[Stored data entries]

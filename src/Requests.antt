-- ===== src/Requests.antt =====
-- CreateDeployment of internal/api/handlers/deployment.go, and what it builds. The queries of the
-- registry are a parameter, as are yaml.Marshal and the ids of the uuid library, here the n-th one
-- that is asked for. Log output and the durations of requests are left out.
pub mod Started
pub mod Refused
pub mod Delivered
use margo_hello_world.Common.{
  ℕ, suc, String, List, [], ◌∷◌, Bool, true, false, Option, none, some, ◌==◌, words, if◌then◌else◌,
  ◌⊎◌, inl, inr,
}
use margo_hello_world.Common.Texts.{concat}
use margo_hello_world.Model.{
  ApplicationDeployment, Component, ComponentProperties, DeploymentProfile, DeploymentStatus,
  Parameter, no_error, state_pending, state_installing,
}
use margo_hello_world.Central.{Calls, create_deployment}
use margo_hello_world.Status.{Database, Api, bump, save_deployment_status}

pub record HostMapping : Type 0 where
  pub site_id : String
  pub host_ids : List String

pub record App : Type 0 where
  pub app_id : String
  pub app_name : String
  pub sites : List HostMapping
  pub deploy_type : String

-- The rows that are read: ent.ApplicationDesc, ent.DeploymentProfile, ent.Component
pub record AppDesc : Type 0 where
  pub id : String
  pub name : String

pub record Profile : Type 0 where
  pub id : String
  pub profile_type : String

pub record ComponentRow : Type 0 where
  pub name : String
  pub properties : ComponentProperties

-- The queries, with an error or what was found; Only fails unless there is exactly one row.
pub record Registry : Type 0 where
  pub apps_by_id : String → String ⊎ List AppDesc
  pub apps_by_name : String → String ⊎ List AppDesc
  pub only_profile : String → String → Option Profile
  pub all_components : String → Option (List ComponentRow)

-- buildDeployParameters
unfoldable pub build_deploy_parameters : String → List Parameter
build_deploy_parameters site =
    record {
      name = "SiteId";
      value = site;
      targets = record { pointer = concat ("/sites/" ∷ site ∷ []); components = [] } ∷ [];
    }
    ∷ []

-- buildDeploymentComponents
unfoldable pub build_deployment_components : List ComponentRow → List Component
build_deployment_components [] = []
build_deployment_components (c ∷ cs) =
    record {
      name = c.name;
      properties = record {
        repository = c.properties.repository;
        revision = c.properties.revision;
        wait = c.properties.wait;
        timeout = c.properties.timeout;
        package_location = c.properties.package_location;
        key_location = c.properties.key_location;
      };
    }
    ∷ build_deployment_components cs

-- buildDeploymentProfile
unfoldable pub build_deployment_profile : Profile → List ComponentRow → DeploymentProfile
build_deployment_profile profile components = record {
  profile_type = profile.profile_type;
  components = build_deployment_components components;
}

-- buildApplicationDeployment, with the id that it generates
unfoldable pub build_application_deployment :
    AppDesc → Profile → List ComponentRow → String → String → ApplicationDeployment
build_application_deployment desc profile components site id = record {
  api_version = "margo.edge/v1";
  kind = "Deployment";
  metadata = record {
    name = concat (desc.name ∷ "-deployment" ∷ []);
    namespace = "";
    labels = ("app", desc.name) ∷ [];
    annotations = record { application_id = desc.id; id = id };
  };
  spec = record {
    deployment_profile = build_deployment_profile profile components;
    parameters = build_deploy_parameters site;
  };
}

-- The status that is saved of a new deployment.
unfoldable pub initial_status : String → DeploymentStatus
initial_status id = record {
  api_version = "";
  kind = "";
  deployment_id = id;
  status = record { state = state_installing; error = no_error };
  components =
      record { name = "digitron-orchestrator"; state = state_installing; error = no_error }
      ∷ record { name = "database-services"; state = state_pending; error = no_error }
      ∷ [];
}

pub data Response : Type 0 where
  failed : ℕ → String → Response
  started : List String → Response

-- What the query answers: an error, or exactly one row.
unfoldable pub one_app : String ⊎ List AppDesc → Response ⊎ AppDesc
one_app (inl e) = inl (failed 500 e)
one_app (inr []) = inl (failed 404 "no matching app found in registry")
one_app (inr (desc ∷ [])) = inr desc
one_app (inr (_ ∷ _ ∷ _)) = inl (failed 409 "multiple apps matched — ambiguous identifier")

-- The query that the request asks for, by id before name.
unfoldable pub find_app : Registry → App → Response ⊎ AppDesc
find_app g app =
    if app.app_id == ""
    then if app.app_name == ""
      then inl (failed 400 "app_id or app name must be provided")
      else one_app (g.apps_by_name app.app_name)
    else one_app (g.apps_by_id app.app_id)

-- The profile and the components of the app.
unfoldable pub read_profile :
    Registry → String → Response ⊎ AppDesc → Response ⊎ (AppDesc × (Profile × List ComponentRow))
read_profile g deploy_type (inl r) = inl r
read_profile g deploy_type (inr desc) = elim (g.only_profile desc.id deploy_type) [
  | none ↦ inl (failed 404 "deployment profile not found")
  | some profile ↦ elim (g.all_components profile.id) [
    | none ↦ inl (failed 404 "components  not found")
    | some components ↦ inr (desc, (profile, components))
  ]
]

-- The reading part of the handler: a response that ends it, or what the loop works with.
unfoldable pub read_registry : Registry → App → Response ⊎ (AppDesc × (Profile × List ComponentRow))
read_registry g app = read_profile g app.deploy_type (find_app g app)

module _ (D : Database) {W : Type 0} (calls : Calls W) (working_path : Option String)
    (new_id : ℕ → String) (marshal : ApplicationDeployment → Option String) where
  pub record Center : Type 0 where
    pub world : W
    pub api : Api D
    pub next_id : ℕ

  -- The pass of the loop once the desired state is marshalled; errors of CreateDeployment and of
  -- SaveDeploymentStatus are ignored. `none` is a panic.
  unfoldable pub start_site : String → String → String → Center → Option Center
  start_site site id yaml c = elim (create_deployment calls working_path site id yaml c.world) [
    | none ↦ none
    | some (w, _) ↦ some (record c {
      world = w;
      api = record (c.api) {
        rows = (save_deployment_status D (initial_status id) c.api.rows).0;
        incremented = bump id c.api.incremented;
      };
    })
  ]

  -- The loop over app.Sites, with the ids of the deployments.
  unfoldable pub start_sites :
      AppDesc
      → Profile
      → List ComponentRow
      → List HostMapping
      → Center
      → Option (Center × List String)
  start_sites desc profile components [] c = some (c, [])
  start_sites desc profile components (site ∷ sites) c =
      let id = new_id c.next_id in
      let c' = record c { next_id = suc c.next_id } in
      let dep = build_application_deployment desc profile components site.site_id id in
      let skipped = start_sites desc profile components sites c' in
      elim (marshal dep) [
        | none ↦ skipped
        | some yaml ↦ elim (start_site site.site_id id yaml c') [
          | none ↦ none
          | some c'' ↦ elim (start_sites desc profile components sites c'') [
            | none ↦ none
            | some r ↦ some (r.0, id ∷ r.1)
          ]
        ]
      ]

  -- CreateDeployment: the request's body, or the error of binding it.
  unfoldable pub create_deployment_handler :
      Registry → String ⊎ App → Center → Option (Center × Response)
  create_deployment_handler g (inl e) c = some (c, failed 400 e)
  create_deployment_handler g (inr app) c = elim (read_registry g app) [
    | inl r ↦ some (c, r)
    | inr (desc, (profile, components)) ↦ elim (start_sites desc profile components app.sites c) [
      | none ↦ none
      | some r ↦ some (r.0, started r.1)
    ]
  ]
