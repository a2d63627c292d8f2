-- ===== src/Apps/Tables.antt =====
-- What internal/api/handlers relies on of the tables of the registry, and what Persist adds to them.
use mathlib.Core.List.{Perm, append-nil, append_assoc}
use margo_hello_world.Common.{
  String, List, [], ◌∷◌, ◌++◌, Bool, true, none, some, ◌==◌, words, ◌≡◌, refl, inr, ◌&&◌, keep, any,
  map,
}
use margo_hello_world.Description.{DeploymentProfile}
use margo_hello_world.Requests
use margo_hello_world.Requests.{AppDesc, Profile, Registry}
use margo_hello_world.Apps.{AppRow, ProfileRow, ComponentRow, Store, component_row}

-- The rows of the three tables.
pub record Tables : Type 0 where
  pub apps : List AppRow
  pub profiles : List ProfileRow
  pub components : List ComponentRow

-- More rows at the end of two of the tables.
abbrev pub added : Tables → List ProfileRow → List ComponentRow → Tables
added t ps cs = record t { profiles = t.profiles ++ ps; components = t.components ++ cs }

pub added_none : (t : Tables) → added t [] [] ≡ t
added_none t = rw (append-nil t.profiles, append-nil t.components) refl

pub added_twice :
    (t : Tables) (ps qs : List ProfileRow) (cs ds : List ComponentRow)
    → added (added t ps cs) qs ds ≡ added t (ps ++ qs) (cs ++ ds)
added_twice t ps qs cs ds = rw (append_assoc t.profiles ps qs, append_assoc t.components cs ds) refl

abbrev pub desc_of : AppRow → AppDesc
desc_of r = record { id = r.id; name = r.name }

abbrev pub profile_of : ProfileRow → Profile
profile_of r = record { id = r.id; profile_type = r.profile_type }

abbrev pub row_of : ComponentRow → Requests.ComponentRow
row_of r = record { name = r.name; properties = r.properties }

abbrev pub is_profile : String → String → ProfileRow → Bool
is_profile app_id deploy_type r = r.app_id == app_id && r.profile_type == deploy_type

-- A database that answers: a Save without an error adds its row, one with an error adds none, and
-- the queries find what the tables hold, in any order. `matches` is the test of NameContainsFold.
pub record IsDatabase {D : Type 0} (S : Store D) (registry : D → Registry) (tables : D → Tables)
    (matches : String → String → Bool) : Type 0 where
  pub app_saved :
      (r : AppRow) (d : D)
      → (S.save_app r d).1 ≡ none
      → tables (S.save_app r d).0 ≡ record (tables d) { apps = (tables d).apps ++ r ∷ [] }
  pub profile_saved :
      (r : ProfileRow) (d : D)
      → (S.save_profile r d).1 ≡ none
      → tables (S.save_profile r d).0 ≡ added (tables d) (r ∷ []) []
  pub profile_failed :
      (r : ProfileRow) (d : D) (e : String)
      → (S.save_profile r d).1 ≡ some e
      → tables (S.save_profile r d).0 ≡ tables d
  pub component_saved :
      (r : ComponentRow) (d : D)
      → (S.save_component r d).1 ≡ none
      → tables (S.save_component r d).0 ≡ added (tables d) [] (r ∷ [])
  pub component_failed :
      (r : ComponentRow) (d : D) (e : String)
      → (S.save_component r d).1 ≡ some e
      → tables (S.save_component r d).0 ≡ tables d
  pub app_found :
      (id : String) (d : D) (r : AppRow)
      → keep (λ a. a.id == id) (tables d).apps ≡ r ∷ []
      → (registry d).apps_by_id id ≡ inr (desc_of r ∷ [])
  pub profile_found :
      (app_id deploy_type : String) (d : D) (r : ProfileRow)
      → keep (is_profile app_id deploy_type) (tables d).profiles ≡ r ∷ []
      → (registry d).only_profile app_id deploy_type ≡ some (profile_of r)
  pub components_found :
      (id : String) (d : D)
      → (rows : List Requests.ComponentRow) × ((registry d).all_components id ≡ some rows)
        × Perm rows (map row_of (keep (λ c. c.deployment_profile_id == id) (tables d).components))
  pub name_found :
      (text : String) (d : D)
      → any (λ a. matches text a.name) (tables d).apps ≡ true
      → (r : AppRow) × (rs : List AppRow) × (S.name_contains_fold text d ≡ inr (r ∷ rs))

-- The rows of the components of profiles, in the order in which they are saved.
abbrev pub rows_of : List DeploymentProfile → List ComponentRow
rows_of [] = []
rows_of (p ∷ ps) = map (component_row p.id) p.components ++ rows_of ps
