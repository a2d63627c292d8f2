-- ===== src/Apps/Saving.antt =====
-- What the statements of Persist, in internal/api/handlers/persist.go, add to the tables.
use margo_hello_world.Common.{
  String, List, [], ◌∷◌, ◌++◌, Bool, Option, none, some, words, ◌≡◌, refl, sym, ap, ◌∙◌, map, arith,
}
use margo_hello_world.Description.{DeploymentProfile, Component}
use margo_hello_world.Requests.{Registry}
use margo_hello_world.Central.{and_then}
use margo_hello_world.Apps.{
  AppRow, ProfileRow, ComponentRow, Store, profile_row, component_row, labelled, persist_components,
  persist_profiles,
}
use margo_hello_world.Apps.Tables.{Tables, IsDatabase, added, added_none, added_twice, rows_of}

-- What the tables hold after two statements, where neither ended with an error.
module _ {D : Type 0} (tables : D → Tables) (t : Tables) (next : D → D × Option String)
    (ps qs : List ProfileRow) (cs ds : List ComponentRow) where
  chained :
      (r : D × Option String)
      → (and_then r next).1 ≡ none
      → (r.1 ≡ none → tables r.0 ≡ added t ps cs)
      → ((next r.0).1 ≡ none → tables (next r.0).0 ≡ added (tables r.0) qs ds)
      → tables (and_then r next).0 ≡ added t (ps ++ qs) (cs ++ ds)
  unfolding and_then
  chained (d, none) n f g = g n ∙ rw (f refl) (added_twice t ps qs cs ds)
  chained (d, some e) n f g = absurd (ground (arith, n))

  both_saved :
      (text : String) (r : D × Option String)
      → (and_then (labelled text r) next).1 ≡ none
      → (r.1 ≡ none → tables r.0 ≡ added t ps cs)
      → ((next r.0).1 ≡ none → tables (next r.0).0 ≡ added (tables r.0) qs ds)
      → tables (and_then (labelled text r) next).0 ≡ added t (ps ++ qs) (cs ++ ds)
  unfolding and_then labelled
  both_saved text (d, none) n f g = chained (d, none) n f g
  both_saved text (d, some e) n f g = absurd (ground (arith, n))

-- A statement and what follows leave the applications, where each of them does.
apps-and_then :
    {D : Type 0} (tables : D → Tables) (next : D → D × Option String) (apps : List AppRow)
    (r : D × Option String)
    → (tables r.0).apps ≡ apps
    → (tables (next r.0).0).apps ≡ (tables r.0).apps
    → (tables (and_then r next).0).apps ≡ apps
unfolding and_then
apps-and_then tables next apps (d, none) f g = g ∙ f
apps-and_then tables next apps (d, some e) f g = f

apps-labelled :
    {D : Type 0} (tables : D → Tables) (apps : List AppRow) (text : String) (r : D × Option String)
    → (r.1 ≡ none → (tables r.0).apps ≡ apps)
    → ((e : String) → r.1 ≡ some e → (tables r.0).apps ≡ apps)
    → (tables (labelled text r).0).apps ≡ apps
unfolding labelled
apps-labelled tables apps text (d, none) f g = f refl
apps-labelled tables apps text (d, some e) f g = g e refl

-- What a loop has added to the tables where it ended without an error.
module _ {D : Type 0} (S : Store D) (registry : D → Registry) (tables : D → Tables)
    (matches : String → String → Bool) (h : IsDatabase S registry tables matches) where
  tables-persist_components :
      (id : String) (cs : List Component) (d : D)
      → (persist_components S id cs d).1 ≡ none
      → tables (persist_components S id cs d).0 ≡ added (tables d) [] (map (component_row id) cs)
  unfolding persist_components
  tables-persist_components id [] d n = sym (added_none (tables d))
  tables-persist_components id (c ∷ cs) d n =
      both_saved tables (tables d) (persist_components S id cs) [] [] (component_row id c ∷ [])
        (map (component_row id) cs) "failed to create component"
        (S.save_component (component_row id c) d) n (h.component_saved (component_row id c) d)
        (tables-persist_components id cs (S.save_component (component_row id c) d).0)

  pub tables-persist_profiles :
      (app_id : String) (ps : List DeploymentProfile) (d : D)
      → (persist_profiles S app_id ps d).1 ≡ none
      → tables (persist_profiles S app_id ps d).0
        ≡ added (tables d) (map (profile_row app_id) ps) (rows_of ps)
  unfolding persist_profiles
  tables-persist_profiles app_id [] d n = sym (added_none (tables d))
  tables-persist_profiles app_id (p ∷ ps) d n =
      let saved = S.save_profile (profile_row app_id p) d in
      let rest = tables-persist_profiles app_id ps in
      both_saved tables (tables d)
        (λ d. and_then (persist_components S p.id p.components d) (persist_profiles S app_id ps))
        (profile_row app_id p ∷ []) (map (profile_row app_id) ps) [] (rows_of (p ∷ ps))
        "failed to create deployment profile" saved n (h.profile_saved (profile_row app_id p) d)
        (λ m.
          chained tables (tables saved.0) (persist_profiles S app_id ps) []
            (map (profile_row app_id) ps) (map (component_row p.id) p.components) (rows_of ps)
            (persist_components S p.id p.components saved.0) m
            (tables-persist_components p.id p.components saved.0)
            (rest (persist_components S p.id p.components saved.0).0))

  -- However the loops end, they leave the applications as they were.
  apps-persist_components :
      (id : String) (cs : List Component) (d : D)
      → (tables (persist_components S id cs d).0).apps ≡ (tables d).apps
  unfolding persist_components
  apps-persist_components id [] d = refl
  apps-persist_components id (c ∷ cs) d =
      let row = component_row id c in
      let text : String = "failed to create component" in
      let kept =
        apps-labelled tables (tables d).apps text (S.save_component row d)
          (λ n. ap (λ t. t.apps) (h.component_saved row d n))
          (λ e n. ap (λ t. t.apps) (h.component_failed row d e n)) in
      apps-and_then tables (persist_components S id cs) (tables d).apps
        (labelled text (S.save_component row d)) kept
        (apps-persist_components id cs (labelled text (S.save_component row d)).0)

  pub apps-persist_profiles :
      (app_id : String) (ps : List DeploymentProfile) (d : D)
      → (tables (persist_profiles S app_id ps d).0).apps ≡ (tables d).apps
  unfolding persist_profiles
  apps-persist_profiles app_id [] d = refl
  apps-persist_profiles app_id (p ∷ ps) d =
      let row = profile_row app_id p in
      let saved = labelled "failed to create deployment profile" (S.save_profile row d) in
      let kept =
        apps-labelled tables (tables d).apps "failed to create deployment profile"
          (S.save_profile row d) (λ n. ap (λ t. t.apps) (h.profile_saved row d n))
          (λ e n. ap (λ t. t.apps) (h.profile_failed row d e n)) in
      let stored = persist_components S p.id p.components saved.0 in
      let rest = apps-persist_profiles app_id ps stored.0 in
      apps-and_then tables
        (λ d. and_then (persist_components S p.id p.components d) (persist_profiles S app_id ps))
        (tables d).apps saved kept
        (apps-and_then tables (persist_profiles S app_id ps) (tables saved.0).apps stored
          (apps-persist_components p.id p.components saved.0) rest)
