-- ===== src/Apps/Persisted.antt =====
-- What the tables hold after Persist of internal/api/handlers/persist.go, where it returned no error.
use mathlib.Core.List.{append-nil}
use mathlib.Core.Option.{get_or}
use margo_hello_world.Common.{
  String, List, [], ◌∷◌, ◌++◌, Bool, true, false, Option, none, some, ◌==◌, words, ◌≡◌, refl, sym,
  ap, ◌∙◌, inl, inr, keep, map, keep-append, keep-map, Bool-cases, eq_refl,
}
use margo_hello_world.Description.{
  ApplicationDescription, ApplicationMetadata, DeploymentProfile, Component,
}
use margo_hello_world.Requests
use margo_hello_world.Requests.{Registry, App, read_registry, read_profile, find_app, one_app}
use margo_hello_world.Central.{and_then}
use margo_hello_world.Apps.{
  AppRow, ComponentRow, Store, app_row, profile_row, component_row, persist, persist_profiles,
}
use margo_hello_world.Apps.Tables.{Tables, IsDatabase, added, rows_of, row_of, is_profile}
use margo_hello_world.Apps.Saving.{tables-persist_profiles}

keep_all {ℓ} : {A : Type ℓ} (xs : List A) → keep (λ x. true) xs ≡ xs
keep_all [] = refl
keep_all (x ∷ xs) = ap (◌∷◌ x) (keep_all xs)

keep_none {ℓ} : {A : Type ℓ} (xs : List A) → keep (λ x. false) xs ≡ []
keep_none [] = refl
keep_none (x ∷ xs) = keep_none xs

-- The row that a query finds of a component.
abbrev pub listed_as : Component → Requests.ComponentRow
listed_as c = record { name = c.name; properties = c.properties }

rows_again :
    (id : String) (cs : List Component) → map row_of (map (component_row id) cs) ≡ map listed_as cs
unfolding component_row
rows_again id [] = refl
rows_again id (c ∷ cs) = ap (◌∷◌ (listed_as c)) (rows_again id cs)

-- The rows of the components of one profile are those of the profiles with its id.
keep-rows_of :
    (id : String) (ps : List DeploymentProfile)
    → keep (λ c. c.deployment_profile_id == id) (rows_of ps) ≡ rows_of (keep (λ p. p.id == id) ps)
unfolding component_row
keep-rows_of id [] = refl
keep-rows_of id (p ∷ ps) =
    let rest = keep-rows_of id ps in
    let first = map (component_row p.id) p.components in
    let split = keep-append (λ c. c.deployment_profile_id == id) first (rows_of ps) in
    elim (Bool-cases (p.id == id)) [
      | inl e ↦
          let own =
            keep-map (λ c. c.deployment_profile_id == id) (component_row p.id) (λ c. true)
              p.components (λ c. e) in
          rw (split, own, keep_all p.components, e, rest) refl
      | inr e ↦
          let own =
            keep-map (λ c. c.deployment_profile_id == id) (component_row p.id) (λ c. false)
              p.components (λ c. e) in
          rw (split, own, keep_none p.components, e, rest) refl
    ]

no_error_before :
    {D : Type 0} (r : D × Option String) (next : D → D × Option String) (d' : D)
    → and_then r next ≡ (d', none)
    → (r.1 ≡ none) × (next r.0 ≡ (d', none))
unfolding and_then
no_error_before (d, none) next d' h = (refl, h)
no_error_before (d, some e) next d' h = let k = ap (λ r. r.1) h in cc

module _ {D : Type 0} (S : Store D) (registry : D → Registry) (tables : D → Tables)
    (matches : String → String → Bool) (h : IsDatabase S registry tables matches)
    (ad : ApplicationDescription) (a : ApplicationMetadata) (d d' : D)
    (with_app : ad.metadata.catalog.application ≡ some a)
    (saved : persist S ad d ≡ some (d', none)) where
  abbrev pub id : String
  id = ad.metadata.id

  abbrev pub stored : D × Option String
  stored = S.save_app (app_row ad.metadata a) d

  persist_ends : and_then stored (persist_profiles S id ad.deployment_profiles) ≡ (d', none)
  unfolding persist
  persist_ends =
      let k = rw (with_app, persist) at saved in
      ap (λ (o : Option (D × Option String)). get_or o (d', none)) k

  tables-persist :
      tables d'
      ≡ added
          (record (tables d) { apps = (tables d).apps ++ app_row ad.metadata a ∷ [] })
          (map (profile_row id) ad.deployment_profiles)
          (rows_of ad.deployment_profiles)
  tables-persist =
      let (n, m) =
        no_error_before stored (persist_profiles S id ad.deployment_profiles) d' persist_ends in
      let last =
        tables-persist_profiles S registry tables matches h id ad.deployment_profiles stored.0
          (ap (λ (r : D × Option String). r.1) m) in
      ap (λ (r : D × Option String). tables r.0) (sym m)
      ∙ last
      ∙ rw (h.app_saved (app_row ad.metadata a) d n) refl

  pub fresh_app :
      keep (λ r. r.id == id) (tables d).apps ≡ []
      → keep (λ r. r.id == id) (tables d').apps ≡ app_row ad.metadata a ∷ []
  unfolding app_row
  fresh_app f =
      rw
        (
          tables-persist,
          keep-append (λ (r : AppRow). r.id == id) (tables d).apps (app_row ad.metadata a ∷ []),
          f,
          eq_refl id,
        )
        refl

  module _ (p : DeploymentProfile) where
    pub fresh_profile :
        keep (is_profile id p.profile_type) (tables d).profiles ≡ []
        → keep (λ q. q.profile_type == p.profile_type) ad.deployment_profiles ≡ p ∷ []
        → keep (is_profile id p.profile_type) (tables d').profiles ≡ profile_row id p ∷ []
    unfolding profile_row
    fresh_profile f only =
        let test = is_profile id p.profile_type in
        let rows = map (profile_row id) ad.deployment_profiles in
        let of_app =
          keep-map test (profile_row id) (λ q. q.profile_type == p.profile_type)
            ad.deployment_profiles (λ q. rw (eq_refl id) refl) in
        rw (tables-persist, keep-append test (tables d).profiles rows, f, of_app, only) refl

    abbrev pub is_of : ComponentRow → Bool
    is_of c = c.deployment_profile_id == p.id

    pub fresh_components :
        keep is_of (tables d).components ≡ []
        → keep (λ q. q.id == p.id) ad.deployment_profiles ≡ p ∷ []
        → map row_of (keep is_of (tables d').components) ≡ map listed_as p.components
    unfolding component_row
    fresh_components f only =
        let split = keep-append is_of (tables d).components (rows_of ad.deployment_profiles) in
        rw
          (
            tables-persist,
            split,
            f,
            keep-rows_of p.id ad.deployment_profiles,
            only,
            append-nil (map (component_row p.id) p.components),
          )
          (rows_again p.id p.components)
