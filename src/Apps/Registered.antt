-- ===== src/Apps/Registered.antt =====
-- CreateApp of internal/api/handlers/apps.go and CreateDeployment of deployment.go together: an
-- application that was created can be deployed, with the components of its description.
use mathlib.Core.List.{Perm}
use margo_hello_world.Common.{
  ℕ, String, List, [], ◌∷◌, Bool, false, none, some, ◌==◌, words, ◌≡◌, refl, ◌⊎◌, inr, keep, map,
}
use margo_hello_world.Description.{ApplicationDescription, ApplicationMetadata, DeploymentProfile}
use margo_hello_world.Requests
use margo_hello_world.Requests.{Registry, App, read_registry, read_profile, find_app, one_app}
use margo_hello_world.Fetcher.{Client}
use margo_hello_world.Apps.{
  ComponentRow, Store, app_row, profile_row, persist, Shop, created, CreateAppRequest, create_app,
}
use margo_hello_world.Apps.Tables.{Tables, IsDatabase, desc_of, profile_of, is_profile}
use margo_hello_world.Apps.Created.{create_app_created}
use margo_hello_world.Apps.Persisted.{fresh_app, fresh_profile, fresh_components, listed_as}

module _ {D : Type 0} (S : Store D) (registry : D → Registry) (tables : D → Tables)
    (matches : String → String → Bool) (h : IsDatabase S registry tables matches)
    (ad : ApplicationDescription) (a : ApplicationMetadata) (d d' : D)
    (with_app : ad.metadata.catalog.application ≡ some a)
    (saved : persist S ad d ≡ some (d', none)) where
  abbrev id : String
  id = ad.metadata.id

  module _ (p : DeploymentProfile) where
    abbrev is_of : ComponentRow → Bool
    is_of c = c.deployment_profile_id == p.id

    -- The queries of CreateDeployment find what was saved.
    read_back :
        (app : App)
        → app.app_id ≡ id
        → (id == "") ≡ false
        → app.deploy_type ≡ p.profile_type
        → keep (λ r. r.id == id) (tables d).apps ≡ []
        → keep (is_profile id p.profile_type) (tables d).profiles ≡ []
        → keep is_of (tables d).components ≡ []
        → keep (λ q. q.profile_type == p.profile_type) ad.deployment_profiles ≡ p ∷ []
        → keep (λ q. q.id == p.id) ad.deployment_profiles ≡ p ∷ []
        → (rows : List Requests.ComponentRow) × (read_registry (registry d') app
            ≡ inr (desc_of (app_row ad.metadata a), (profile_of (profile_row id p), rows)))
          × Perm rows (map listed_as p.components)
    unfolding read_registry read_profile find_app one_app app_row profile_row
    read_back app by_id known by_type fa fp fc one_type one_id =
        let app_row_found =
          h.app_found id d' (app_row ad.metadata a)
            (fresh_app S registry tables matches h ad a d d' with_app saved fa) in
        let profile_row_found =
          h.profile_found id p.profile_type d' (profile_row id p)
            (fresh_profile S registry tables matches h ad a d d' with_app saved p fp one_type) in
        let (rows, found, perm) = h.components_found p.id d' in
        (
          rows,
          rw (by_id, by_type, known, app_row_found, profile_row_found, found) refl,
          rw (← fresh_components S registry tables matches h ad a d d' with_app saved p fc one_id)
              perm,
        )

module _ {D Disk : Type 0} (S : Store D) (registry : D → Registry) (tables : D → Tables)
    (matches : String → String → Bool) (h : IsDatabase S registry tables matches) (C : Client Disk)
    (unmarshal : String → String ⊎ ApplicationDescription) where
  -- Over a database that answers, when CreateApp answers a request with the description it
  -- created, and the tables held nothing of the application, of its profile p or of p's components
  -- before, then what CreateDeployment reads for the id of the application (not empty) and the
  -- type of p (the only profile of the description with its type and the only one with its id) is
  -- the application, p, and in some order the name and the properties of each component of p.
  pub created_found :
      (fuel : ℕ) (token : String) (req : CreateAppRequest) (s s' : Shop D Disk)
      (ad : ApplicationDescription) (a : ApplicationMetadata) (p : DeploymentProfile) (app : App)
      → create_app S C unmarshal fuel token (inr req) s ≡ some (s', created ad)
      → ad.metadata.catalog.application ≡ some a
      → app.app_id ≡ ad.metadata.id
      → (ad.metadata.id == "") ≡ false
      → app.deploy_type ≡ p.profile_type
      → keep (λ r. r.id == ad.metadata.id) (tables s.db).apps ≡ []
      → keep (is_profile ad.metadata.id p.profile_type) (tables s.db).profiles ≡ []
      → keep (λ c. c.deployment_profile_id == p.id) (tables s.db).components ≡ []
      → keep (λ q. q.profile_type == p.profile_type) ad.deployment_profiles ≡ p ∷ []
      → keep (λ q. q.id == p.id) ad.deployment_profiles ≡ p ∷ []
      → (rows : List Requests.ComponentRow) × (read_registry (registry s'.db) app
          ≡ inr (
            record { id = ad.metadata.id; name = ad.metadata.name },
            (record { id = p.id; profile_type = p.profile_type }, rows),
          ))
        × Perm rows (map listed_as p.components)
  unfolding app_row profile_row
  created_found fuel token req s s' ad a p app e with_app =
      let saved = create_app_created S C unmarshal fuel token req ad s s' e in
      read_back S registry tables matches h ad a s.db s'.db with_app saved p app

ABOUT THIS EXERCISE:
Which lines above contain the word "split"? List them.

RESPONSE:
    let split = keep-append (λ c. c.deployment_profile_id == id) first (rows_of ps) in
          rw (split, own, keep_all p.components, e, rest) refl
          rw (split, own, keep_none p.components, e, rest) refl
        let split = keep-append is_of (tables d).components (rows_of ad.deployment_profiles) in
            split,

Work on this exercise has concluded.